• Data for review:
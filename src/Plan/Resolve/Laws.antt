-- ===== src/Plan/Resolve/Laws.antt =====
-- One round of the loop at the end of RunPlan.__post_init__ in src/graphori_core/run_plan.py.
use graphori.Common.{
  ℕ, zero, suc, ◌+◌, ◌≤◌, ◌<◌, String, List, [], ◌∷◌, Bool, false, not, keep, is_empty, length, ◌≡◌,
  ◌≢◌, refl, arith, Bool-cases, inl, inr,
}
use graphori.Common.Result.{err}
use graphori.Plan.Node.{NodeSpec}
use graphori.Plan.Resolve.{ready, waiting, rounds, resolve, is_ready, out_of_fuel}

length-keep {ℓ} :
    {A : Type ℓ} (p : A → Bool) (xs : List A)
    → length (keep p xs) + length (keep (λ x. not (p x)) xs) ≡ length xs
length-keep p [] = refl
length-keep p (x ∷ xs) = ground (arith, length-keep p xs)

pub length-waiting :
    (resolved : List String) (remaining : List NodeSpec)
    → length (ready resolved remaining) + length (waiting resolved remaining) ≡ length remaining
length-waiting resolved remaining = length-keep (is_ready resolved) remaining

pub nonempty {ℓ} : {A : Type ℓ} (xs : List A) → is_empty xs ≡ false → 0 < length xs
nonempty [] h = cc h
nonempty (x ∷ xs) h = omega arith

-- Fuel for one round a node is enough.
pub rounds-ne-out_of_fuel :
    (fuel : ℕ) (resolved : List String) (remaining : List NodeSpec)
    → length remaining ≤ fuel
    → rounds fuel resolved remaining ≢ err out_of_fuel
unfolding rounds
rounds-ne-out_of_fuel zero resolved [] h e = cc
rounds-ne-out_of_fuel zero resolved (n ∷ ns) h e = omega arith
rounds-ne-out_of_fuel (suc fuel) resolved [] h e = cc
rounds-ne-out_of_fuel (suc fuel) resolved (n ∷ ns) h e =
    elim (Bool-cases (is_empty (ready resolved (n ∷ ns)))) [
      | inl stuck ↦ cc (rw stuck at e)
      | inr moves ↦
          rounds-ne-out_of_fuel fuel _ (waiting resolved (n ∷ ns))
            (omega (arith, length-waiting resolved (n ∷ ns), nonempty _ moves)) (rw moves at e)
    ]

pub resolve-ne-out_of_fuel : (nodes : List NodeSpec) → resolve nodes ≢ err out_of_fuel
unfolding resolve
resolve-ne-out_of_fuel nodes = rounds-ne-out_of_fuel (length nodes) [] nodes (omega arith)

...

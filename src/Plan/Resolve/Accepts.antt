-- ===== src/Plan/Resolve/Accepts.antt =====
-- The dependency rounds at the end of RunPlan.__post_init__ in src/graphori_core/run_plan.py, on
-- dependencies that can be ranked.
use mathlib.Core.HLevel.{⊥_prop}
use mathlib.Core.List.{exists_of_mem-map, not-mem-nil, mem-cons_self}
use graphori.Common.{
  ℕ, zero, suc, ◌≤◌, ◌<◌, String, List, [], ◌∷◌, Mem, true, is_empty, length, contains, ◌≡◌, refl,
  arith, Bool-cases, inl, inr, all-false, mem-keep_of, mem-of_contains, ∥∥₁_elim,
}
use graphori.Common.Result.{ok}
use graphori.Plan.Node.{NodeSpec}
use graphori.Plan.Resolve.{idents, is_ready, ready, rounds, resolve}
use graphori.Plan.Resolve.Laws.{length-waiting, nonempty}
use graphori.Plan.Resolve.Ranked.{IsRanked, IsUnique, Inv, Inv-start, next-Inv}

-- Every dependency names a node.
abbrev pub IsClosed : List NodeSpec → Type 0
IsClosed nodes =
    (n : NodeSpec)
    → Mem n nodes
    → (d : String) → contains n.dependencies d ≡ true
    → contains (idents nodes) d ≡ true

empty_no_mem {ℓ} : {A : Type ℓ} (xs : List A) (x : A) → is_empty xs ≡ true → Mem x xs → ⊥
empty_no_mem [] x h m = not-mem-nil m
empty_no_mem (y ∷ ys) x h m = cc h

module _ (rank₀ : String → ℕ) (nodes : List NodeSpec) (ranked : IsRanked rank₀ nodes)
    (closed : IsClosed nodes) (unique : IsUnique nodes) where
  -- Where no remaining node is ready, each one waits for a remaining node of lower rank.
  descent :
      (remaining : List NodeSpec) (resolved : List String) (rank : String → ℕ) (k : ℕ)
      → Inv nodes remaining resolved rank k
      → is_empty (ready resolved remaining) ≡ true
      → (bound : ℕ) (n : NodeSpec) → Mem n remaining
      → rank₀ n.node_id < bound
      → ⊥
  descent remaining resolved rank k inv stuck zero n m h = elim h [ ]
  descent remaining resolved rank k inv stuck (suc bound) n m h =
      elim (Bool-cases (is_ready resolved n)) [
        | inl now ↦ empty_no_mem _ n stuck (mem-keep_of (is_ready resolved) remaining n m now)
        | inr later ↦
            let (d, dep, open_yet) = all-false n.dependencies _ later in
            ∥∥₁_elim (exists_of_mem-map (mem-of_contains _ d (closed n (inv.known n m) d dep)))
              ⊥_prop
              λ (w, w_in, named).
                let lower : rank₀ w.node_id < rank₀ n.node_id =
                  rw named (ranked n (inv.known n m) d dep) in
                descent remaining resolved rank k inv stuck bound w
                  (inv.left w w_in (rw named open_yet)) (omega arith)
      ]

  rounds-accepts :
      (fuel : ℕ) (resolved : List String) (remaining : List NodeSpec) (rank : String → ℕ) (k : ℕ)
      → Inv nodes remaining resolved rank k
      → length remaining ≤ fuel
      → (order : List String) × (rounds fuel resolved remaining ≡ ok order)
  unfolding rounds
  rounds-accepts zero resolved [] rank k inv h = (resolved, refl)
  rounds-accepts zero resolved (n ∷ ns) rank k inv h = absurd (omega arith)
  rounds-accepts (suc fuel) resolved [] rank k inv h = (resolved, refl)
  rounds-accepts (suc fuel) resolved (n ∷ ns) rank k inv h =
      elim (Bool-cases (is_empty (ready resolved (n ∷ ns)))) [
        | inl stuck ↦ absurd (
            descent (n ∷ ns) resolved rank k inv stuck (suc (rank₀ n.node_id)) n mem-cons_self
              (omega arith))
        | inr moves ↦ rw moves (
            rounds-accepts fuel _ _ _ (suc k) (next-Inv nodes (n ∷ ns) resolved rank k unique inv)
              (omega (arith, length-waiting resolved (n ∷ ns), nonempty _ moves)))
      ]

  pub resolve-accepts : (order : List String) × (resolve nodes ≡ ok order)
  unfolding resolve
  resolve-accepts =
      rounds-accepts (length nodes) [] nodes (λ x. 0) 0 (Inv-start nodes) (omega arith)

• Exercise brief: Out of the records, collect only those lines that contain the string "IsRanked".

• Solution for this exercise:
use graphori.Plan.Resolve.Ranked.{IsRanked, IsUnique, Inv, Inv-start, next-Inv}
module _ (rank₀ : String → ℕ) (nodes : List NodeSpec) (ranked : IsRanked rank₀ nodes)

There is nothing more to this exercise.